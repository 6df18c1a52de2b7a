-- ===== src/GitHub/Api.antt =====
-- What the client of a GitHub App (pkg/github/app_client.go) calls: go-github and ghinstallation.
-- Each answer is a function of the calls made before, newest first. A base URL is "" where none is
-- set, and the libraries then use their own.
use cloud_agent.Common.{ℕ, ℤ, String, Option, List, Result}

-- `ghinstallation.AppsTransport`, with the private key that was read for it
pub record AppsTransport : Type 0 where
  pub app_id : ℤ
  pub private_key : String
  pub base_url : String

-- `ghinstallation.Transport`
pub record Transport : Type 0 where
  pub apps : AppsTransport
  pub installation : ℤ
  pub base_url : String

-- `github.Client`, over either of the transports
pub record ApiClient (T : Type 0) : Type 0 where
  pub transport : T
  pub base_url : String

-- Of `github.IssueComment`: the login of its user if it has one, and its body.
pub record ApiComment : Type 0 where
  pub user : Option String
  pub body : String

-- A page of comments, and the number of the next page, 0 on the last.
pub record Page : Type 0 where
  pub comments : List ApiComment
  pub next_page : ℕ

-- `IssueComment` of pkg/github/client.go
pub record IssueComment : Type 0 where
  pub author : String
  pub body : String

pub data Call : Type 0 where
  load_key : ℤ → String → Call
  find_installation : ApiClient AppsTransport → String → String → Call
  create_comment : ApiClient Transport → String → String → ℤ → String → Call
  download read_download close_download : ApiClient Transport → String → String → String → Call
  mint : Transport → Call
  list_comments : ApiClient Transport → String → String → ℤ → ℕ → Call

pub record Api : Type 0 where
  -- `NewAppsTransportKeyFromFile`: the private key
  pub load_key : List Call → ℤ → String → Result String String
  pub parse_url : String → Result String (Unit {0})
  -- `Apps.FindRepositoryInstallation`: the installation's number
  pub find_installation : List Call → ApiClient AppsTransport → String → String → Result String ℤ
  pub create_comment :
      List Call → ApiClient Transport → String → String → ℤ → String → Result String (Unit {0})
  -- `Repositories.DownloadContents`, and `io.ReadAll` of what it opens
  pub download :
      List Call → ApiClient Transport → String → String → String → Result String (Unit {0})
  pub read_download :
      List Call → ApiClient Transport → String → String → String → Result String (List ℕ)
  -- `Transport.Token`
  pub mint : List Call → Transport → Result String String
  -- `Issues.ListComments`: the first page, of the size given
  pub list_comments : List Call → ApiClient Transport → String → String → ℤ → ℕ → Result String Page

++++++++

**Directions for this task**
In the listing above, find the line with "pub app_id : ℤ" and the line with "pub record ApiComment : Type 0 where". Output those two lines and every line between them, exactly as written.

**Exercise answer**
  pub app_id : ℤ
  pub private_key : String
  pub base_url : String

-- `ghinstallation.Transport`
pub record Transport : Type 0 where
  pub apps : AppsTransport
  pub installation : ℤ
  pub base_url : String

-- `github.Client`, over either of the transports
pub record ApiClient (T : Type 0) : Type 0 where
  pub transport : T
  pub base_url : String

-- Of `github.IssueComment`: the login of its user if it has one, and its body.
pub record ApiComment : Type 0 where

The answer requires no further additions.